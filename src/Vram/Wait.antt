-- ===== src/Vram/Wait.antt =====
-- `ovram_lease_wait` of src/ovram.c: a call that queues. A round is one critical section with the
-- figures read before it; between two rounds the lock is free and the other calls change the broker.
-- A round that does not return says what memory is lacking, for the pressure hook. The tier of a
-- call is 0 to 3: any other one is the background tier.
use omniserve_native.Prelude.{
  ℕ, suc, ◌+◌, Bool, true, false, not, ◌&&◌, ◌||◌, List, [], ◌∷◌, Option, none, some, ltb, ◌==◌,
  if◌then◌else◌, get_elem?, update,
}
use omniserve_native.Prelude.Int.{ℤ, pos, pos_part, sub_ℕ, ◌+ℤ◌, ◌-ℤ◌, ltb_ℤ}
use omniserve_native.Floats.{DoubleOps}
use omniserve_native.Vram.{Owner, Waiter, Vram, modify, or_anon}
use omniserve_native.Vram.Tables.{on_owner, expire_locked}
use omniserve_native.Vram.Charges.{headroom_locked}
use omniserve_native.Vram.Queue.{waiter_ahead_locked}
use omniserve_native.Vram.Grant.{Answer, grant_locked, least_mb}

module _ (F : DoubleOps) where
  open F use {Double, dec, of_int, add, sub, mul, div, lt, le}

  -- The local variables of a call.
  pub record Call : Type 0 where
    pub name : List ℕ
    pub pid : ℕ
    pub mb : ℕ
    pub min_mb : ℕ
    pub tier : ℕ
    pub ttl_s : Double
    pub started : Double
    pub deadline : Double
    pub next_pressure : Double
    pub registered : Bool
    pub wslot : Option ℕ

  pub data Outcome : Type 0 where
    -- The return value, the id, the wait in milliseconds and the broker.
    returned : ℕ → List ℕ → Double → Vram F → Outcome
    -- The memory that is lacking, the call and the broker.
    queued : ℤ → Call → Vram F → Outcome

  -- Up to the loop; `mb` is positive.
  unfoldable pub start_wait : Vram F → List ℕ → ℕ → ℤ → ℤ → ℕ → Double → ℤ → Double → Call
  start_wait v owner pid mb min_mb tier ttl_s wait_ms started = record {
    name = or_anon owner;
    pid = pid;
    mb = pos_part mb;
    min_mb = least_mb F mb min_mb;
    tier = if ltb 3 tier then 3 else tier;
    ttl_s = ttl_s;
    started = started;
    deadline =
        add started (if ltb_ℤ (pos 0) wait_ms then div (of_int wait_ms) (dec 10000 1) else dec 0 1);
    next_pressure = add started (div (of_int v.pressure_after_ms) (dec 10000 1));
    registered = false;
    wslot = none;
  }

  abbrev pub need : Call → ℕ
  need c = if ltb 0 c.min_mb then c.min_mb else c.mb

  abbrev pub slot_since : Vram F → Double → Option ℕ → Double
  slot_since v now none = now
  slot_since v now (some i) = elim (get_elem? v.waiters i) [ none ↦ now | some w ↦ w.since ]

  abbrev pub vacate : List (Waiter F) → Option ℕ → List (Waiter F)
  vacate ws none = ws
  vacate ws (some i) = modify ws i (λ w. record w { used = false })

  -- The caller leaves the queue.
  unfoldable pub unregister : Vram F → Call → Vram F
  unregister v c =
      if c.registered
      then record v {
        waiting = update v.waiting c.tier (v.waiting c.tier -ℤ pos 1);
        waiters = vacate v.waiters c.wslot;
      }
      else v

  -- The owner's books when the call returns.
  unfoldable pub owner_waited : Call → ℕ → Double → Double → Owner F → Owner F
  owner_waited c granted waited now o =
      let failed = granted == 0 in
      record o {
        waits = o.waits + (if c.registered then 1 else 0);
        wait_ms_total = if c.registered then add o.wait_ms_total waited else o.wait_ms_total;
        wait_ms_max = if c.registered && lt o.wait_ms_max waited then waited else o.wait_ms_max;
        denials = o.denials + (if failed then 1 else 0);
        last_active_s = if failed then now else o.last_active_s;
        timeouts = o.timeouts + (if failed && c.registered then 1 else 0);
      }

  unfoldable pub finish : Vram F → Call → ℕ → Double → Vram F
  finish v c granted now =
      let waited = mul (sub now c.started) (dec 10000 1) in
      let w = unregister v c in
      on_owner F
        (record w {
          denials = w.denials + (if granted == 0 then 1 else 0);
          wait_timeouts = w.wait_timeouts + (if granted == 0 && c.registered then 1 else 0);
        })
        c.name c.pid (owner_waited c granted waited now)

  unfoldable pub free_waiter : List (Waiter F) → Option ℕ
  free_waiter [] = none
  free_waiter (w ∷ ws) =
      let rest = free_waiter ws in
      if w.used then elim rest [ none ↦ none | some i ↦ some (suc i) ] else some 0

  abbrev occupy : List (Waiter F) → Option ℕ → Waiter F → List (Waiter F)
  occupy ws none w = ws
  occupy ws (some i) w = modify ws i (λ _. w)

  -- The caller enters the queue.
  unfoldable pub register : Vram F → Call → Double → Vram F × Call
  register v c now =
      if c.registered
      then (v, c)
      else let slot = free_waiter v.waiters in
        (
          record v {
            waiting = update v.waiting c.tier (v.waiting c.tier +ℤ pos 1);
            waiters =
                occupy v.waiters slot
                  (record { used = true; tier = c.tier; need = need c; since = now });
            waits = v.waits + 1;
          },
          record c { registered = true; wslot = slot },
        )

  -- The attempt of a round, on a broker that has expired what was over.
  unfoldable pub attempt : Vram F → Call → Double → Option ℕ → Answer F
  attempt v c now device_free =
      if waiter_ahead_locked F v c.tier (if c.registered then c.wslot else none)
        (slot_since v now c.wslot) now device_free
      then record { granted = 0; id = []; broker = v }
      else grant_locked F v c.name c.pid c.mb c.min_mb c.tier c.ttl_s now device_free false

  unfoldable pub wait_round : Vram F → Call → Double → Option ℕ → Outcome
  wait_round v c now device_free =
      let a = attempt (expire_locked F v now).0 c now device_free in
      if not (a.granted == 0) || le c.deadline now
      then returned a.granted a.id (mul (sub now c.started) (dec 10000 1))
          (finish a.broker c a.granted now)
      else let (w, d) = register a.broker c now in
        queued (sub_ℕ (need d) (headroom_locked F w d.tier device_free)) d w

  -- Whether a round that queued calls the hook.
  unfoldable pub calls_hook : Vram F → Call → ℤ → Double → Bool
  calls_hook v c deficit now = v.has_hook && (ltb_ℤ (pos 0) deficit && le c.next_pressure now)

  -- After the hook, which freed so much by its own account, at the time `later`.
  unfoldable pub after_hook : Vram F → Call → ℤ → Double → Vram F × Call
  after_hook v c freed later = (
    record v {
      pressure_calls = v.pressure_calls + 1;
      pressure_freed_mb = v.pressure_freed_mb + pos_part freed;
    },
    record c { next_pressure = add later (dec 50 1) },
  )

◆ ◆ ◆ ◆

* [About this exercise]:
Which lines in the records above include the word "elim"? Copy them out.

* [Solution to this task]:
  slot_since v now (some i) = elim (get_elem? v.waiters i) [ none ↦ now | some w ↦ w.since ]
      if w.used then elim rest [ none ↦ none | some i ↦ some (suc i) ] else some 0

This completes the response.